:: Collected data entries ::
-- ===== src/Buffer/Cursor.antt =====
-- A buffer in the form in which its operations are equations: the bytes passed, the bytes ahead
-- and the memory behind `size`.
use game_network.Base.{
  ℕ, ◌+◌, ◌^◌, ◌<◌, ◌≡◌, refl, ap, sym, ◌∙◌, arith, true, List, [], ◌∷◌, ◌++◌, some, append_assoc,
  append-nil, length, length-append, take-length, drop-length, drop-append, drop-add, pass,
  length-snoc, leb, le→leb, lt→ltb, ok,
}
use game_network.Base.Int.{pos}
use game_network.Base.Bytes.{be_bytes, le_value, length-be_bytes}
use game_network.Platform.{Host}
use game_network.Buffer.{
  rewind, init, no_buffer, new_buffer, behind, Buffer, load, store, write_bytes, read_bytes,
  write_integer, write_short, write_byte, read_integer, read_short, read_byte, write_long_long,
  read_long_long, write_loop, write_buffer, read_loop, read_buffer, has_room,
}

abbrev pub cursor : List ℕ → List ℕ → List ℕ → Buffer
cursor pre mid slack = record {
  memory = some (pre ++ (mid ++ slack));
  size = pos (length pre + length mid);
  index = length pre;
}

load_at :
    (pre bs post : List ℕ) → load (length pre) (length bs) (some (pre ++ (bs ++ post))) ≡ some bs
load_at pre bs post =
    rw
      (
        length-append pre (bs ++ post),
        length-append bs post,
        le→leb (length pre + length bs) (length pre + (length bs + length post)) (omega arith),
        drop-length pre (bs ++ post),
      )
      (ap some (take-length bs post))

store_at :
    (pre bs old post : List ℕ)
    → length old ≡ length bs
    → store (length pre) bs (some (pre ++ (old ++ post))) ≡ some (pre ++ (bs ++ post))
store_at pre bs old post e =
    rw
      (
        length-append pre (old ++ post),
        length-append old post,
        le→leb (length pre + length bs) (length pre + (length old + length post)) (omega arith),
        take-length pre (old ++ post),
        drop-add pre (old ++ post) (length bs),
        drop-append (length bs) old post e,
      )
      refl

-- What is left of `cursor pre (old ++ mid) slack` after `bs` at the place of `old`.
moved :
    (pre bs old mid slack : List ℕ)
    → length old ≡ length bs
    → ◌≡◌ {A = Buffer}
        (record {
          memory = some (pre ++ (bs ++ (mid ++ slack)));
          size = pos (length pre + length (old ++ mid));
          index = length pre + length bs;
        })
        (cursor (pre ++ bs) mid slack)
moved pre bs old mid slack e = λ i. record {
  memory = some (sym (append_assoc pre bs (mid ++ slack)) i);
  size = pos (sizes i);
  index = sym (length-append pre bs) i;
}
  where
    sizes : length pre + length (old ++ mid) ≡ length (pre ++ bs) + length mid
    sizes = omega (arith, length-append pre bs, length-append old mid)

pub write_bytes-cursor :
    (pre bs old mid slack : List ℕ)
    → length old ≡ length bs
    → write_bytes bs (cursor pre (old ++ mid) slack) ≡ ok (cursor (pre ++ bs) mid slack)
unfolding write_bytes
write_bytes-cursor pre bs old mid slack e =
    rw (append_assoc old mid slack, store_at pre bs old (mid ++ slack) e)
      (ap ok (moved pre bs old mid slack e))

pub read_bytes-cursor :
    (n : ℕ) (pre bs mid slack : List ℕ)
    → length bs ≡ n
    → read_bytes n (cursor pre (bs ++ mid) slack) ≡ ok (bs, cursor (pre ++ bs) mid slack)
unfolding read_bytes
read_bytes-cursor n pre bs mid slack e =
    rw (← e, append_assoc bs mid slack, load_at pre bs (mid ++ slack))
      (ap (λ b. ok (bs, b)) (moved pre bs bs mid slack refl))

-- The check of an access of fixed width passes.
fits :
    (n : ℕ) (pre bs mid : List ℕ)
    → length bs ≡ n
    → leb (length pre + n) (length pre + length (bs ++ mid)) ≡ true
fits n pre bs mid e = le→leb _ _ (omega (arith, length-append bs mid))

module _ (h : Host) where
  pub write_long_long-cursor :
      (v : ℕ) (pre old mid slack : List ℕ)
      → v < 256 ^ 8
      → length old ≡ 8
      → write_long_long h v (cursor pre (old ++ mid) slack)
        ≡ ok (cursor (pre ++ be_bytes 8 v) mid slack)
  unfolding write_long_long
  write_long_long-cursor v pre old mid slack lt e =
      rw (fits 8 pre old mid e, h.long_long.hton_bytes v lt)
        (write_bytes-cursor pre (be_bytes 8 v) old mid slack (e ∙ sym (length-be_bytes 8 v)))

  pub read_long_long-cursor :
      (v : ℕ) (pre mid slack : List ℕ)
      → v < 256 ^ 8
      → read_long_long h (cursor pre (be_bytes 8 v ++ mid) slack)
        ≡ ok (v, cursor (pre ++ be_bytes 8 v) mid slack)
  unfolding read_long_long
  read_long_long-cursor v pre mid slack lt =
      rw
        (
          fits 8 pre (be_bytes 8 v) mid (length-be_bytes 8 v),
          read_bytes-cursor 8 pre (be_bytes 8 v) mid slack (length-be_bytes 8 v),
        )
        (ap (λ x. ok (x, cursor (pre ++ be_bytes 8 v) mid slack)) (h.long_long.ntoh_bytes v lt))

  pub write_integer-cursor :
      (v : ℕ) (pre old mid slack : List ℕ)
      → v < 256 ^ 4
      → length old ≡ 4
      → write_integer h v (cursor pre (old ++ mid) slack)
        ≡ ok (cursor (pre ++ be_bytes 4 v) mid slack)
  unfolding write_integer
  write_integer-cursor v pre old mid slack lt e =
      rw (fits 4 pre old mid e, h.long.hton_bytes v lt)
        (write_bytes-cursor pre (be_bytes 4 v) old mid slack (e ∙ sym (length-be_bytes 4 v)))

  pub read_integer-cursor :
      (v : ℕ) (pre mid slack : List ℕ)
      → v < 256 ^ 4
      → read_integer h (cursor pre (be_bytes 4 v ++ mid) slack)
        ≡ ok (v, cursor (pre ++ be_bytes 4 v) mid slack)
  unfolding read_integer
  read_integer-cursor v pre mid slack lt =
      rw
        (
          fits 4 pre (be_bytes 4 v) mid (length-be_bytes 4 v),
          read_bytes-cursor 4 pre (be_bytes 4 v) mid slack (length-be_bytes 4 v),
        )
        (ap (λ x. ok (x, cursor (pre ++ be_bytes 4 v) mid slack)) (h.long.ntoh_bytes v lt))

  pub write_short-cursor :
      (v : ℕ) (pre old mid slack : List ℕ)
      → v < 256 ^ 2
      → length old ≡ 2
      → write_short h v (cursor pre (old ++ mid) slack)
        ≡ ok (cursor (pre ++ be_bytes 2 v) mid slack)
  unfolding write_short
  write_short-cursor v pre old mid slack lt e =
      rw (fits 2 pre old mid e, h.short.hton_bytes v lt)
        (write_bytes-cursor pre (be_bytes 2 v) old mid slack (e ∙ sym (length-be_bytes 2 v)))

  pub read_short-cursor :
      (v : ℕ) (pre mid slack : List ℕ)
      → v < 256 ^ 2
      → read_short h (cursor pre (be_bytes 2 v ++ mid) slack)
        ≡ ok (v, cursor (pre ++ be_bytes 2 v) mid slack)
  unfolding read_short
  read_short-cursor v pre mid slack lt =
      rw
        (
          fits 2 pre (be_bytes 2 v) mid (length-be_bytes 2 v),
          read_bytes-cursor 2 pre (be_bytes 2 v) mid slack (length-be_bytes 2 v),
        )
        (ap (λ x. ok (x, cursor (pre ++ be_bytes 2 v) mid slack)) (h.short.ntoh_bytes v lt))

pub write_byte-cursor :
    (v x : ℕ) (pre mid slack : List ℕ)
    → write_byte v (cursor pre (x ∷ mid) slack) ≡ ok (cursor (pre ++ v ∷ []) mid slack)
unfolding write_byte
write_byte-cursor v x pre mid slack =
    rw (fits 1 pre (x ∷ []) mid refl) (write_bytes-cursor pre (v ∷ []) (x ∷ []) mid slack refl)

pub read_byte-cursor :
    (v : ℕ) (pre mid slack : List ℕ)
    → read_byte (cursor pre (v ∷ mid) slack) ≡ ok (v, cursor (pre ++ v ∷ []) mid slack)
unfolding read_byte le_value
read_byte-cursor v pre mid slack =
    rw (fits 1 pre (v ∷ []) mid refl, read_bytes-cursor 1 pre (v ∷ []) mid slack refl)
      (ap (λ x. ok (x, cursor (pre ++ v ∷ []) mid slack)) (omega arith))

write_loop-cursor :
    (i : ℕ) (passed bs rest pre old mid slack : List ℕ)
    → length passed ≡ i
    → length old ≡ length bs
    → write_loop (length bs) i (passed ++ (bs ++ rest)) (cursor pre (old ++ mid) slack)
      ≡ ok (cursor (pre ++ bs) mid slack)
unfolding write_loop
write_loop-cursor i passed [] rest pre [] mid slack p e = rw append-nil
write_loop-cursor i passed [] rest pre (x ∷ old) mid slack p e = absurd (omega arith)
write_loop-cursor i passed (b ∷ bs) rest pre [] mid slack p e = absurd (omega arith)
write_loop-cursor i passed (b ∷ bs) rest pre (x ∷ old) mid slack p e =
    rw
      (
        ← p,
        load_at passed (b ∷ []) (bs ++ rest),
        write_bytes-cursor pre (b ∷ []) (x ∷ []) (old ++ mid) slack refl,
        pass passed b (bs ++ rest),
        pass pre b bs,
        ← length-snoc passed b,
      )
      (write_loop-cursor (length (passed ++ b ∷ [])) (passed ++ b ∷ []) bs rest (pre ++ b ∷ []) old
        mid slack refl (omega arith))

-- The check of `WriteBuffer` and `ReadBuffer` passes, where the end of the bytes does not wrap.
has_room-cursor :
    (pre bs mid slack : List ℕ)
    → length pre + length (bs ++ mid) < 2 ^ 32
    → has_room (length bs) (cursor pre (bs ++ mid) slack) ≡ true
has_room-cursor pre bs mid slack h = ground (arith, length-append bs mid)

pub write_buffer-cursor :
    (n : ℕ) (bs rest pre old mid slack : List ℕ)
    → length bs ≡ n
    → length old ≡ n
    → length pre + length (old ++ mid) < 2 ^ 32
    → write_buffer (bs ++ rest) n (cursor pre (old ++ mid) slack)
      ≡ ok (cursor (pre ++ bs) mid slack)
unfolding write_buffer
write_buffer-cursor n bs rest pre old mid slack p q h =
    rw (← q, has_room-cursor pre old mid slack h, q, ← p)
      (write_loop-cursor 0 [] bs rest pre old mid slack refl (q ∙ sym p))

read_loop-cursor :
    (i : ℕ) (passed bs old rest pre mid slack : List ℕ)
    → length passed ≡ i
    → length old ≡ length bs
    → read_loop (length bs) i (passed ++ (old ++ rest)) (cursor pre (bs ++ mid) slack)
      ≡ ok (passed ++ (bs ++ rest), cursor (pre ++ bs) mid slack)
unfolding read_loop
read_loop-cursor i passed [] [] rest pre mid slack p e = rw append-nil
read_loop-cursor i passed [] (x ∷ old) rest pre mid slack p e = absurd (omega arith)
read_loop-cursor i passed (b ∷ bs) [] rest pre mid slack p e = absurd (omega arith)
read_loop-cursor i passed (b ∷ bs) (x ∷ old) rest pre mid slack p e =
    rw
      (
        ← p,
        read_bytes-cursor 1 pre (b ∷ []) (bs ++ mid) slack refl,
        store_at passed (b ∷ []) (x ∷ []) (old ++ rest) refl,
        pass passed b (old ++ rest),
        pass passed b (bs ++ rest),
        pass pre b bs,
        ← length-snoc passed b,
      )
      (read_loop-cursor (length (passed ++ b ∷ [])) (passed ++ b ∷ []) bs old rest (pre ++ b ∷ [])
        mid slack refl (omega arith))

pub read_buffer-cursor :
    (n : ℕ) (old rest bs pre mid slack : List ℕ)
    → length old ≡ n
    → length bs ≡ n
    → length pre + length (bs ++ mid) < 2 ^ 32
    → read_buffer (old ++ rest) n (cursor pre (bs ++ mid) slack)
      ≡ ok (bs ++ rest, cursor (pre ++ bs) mid slack)
unfolding read_buffer
read_buffer-cursor n old rest bs pre mid slack p q h =
    rw (← q, has_room-cursor pre bs mid slack h)
      (read_loop-cursor 0 [] bs old rest pre mid slack refl (p ∙ sym q))

-- `index = 0` goes back to the first byte.
pub rewind-cursor :
    (pre mid slack : List ℕ) → rewind (cursor pre mid slack) ≡ cursor [] (pre ++ mid) slack
rewind-cursor pre mid slack = λ i. record {
  memory = some (sym (append_assoc pre mid slack) i);
  size = pos (sizes i);
  index = 0;
}
  where
    sizes : length pre + length mid ≡ 0 + length (pre ++ mid)
    sizes = omega (arith, length-append pre mid)

module _ (h : Host) where
  -- A fresh buffer has all its bytes ahead.
  pub init-cursor :
      (n : ℕ) → 0 < n → n < 2 ^ 31 → init h n no_buffer ≡ ok (cursor [] (h.fresh n) [])
  unfolding init
  init-cursor n p q =
      rw (lt→ltb 0 n p, lt→ltb n (2 ^ 31) q)
        (ap ok (λ i. record {
          memory = some (sym (append-nil (h.fresh n)) i);
          size = pos (sizes i);
          index = 0;
        }))
    where
      sizes : n ≡ 0 + length (h.fresh n)
      sizes = omega (arith, h.length_fresh n)

  pub length-new_buffer : (n : ℕ) → length (behind (new_buffer h n).memory) ≡ n
  unfolding new_buffer
  length-new_buffer n = ground (arith, h.length_fresh n)

-- The whole target is filled.
pub read_buffer_all :
    (n : ℕ) (out bs pre mid slack : List ℕ)
    → length out ≡ n
    → length bs ≡ n
    → length pre + length (bs ++ mid) < 2 ^ 32
    → read_buffer out n (cursor pre (bs ++ mid) slack) ≡ ok (bs, cursor (pre ++ bs) mid slack)
read_buffer_all n out bs pre mid slack p q h =
    ap (λ o. read_buffer o n (cursor pre (bs ++ mid) slack)) (sym (append-nil out))
    ∙ read_buffer-cursor n out [] bs pre mid slack p q h
    ∙ ap (λ o. ok (o, cursor (pre ++ bs) mid slack)) (append-nil bs)

pub write_buffer_all :
    (n : ℕ) (bs pre old mid slack : List ℕ)
    → length bs ≡ n
    → length old ≡ n
    → length pre + length (old ++ mid) < 2 ^ 32
    → write_buffer bs n (cursor pre (old ++ mid) slack) ≡ ok (cursor (pre ++ bs) mid slack)
write_buffer_all n bs pre old mid slack p q h =
    ap (λ s. write_buffer s n (cursor pre (old ++ mid) slack)) (sym (append-nil bs))
    ∙ write_buffer-cursor n bs [] pre old mid slack p q h

-- The bytes from the start to the end of a part.
pub load_front : (n : ℕ) (bs post : List ℕ) → length bs ≡ n → load 0 n (some (bs ++ post)) ≡ some bs
load_front n bs post e = rw (← e) (load_at [] bs post)

-- The last bytes of a buffer.
pub read_buffer_last :
    (n : ℕ) (out bs pre slack : List ℕ)
    → length out ≡ n
    → length bs ≡ n
    → length pre + length bs < 2 ^ 32
    → read_buffer out n (cursor pre bs slack) ≡ ok (bs, cursor (pre ++ bs) [] slack)
read_buffer_last n out bs pre slack p q h =
    ap (λ b. read_buffer out n (cursor pre b slack)) (sym (append-nil bs))
    ∙ read_buffer_all n out bs pre [] slack p q (omega (arith, ap length (append-nil bs)))

pub write_buffer_last :
    (n : ℕ) (bs pre old slack : List ℕ)
    → length bs ≡ n
    → length old ≡ n
    → length pre + length old < 2 ^ 32
    → write_buffer bs n (cursor pre old slack) ≡ ok (cursor (pre ++ bs) [] slack)
write_buffer_last n bs pre old slack p q h =
    ap (λ o. write_buffer bs n (cursor pre o slack)) (sym (append-nil old))
    ∙ write_buffer_all n bs pre old [] slack p q (omega (arith, ap length (append-nil old)))

pub rewind_end : (pre slack : List ℕ) → rewind (cursor pre [] slack) ≡ cursor [] pre slack
rewind_end pre slack = rewind-cursor pre [] slack ∙ ap (λ l. cursor [] l slack) (append-nil pre)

:: BRIEF ::
Filter the entries above and copy only the lines that hold "fits".

:: TASK RESULT ::
fits :
fits n pre bs mid e = le→leb _ _ (omega (arith, length-append bs mid))
      rw (fits 8 pre old mid e, h.long_long.hton_bytes v lt)
          fits 8 pre (be_bytes 8 v) mid (length-be_bytes 8 v),
      rw (fits 4 pre old mid e, h.long.hton_bytes v lt)
          fits 4 pre (be_bytes 4 v) mid (length-be_bytes 4 v),
      rw (fits 2 pre old mid e, h.short.hton_bytes v lt)
          fits 2 pre (be_bytes 2 v) mid (length-be_bytes 2 v),
    rw (fits 1 pre (x ∷ []) mid refl) (write_bytes-cursor pre (v ∷ []) (x ∷ []) mid slack refl)
    rw (fits 1 pre (v ∷ []) mid refl, read_bytes-cursor 1 pre (v ∷ []) mid slack refl)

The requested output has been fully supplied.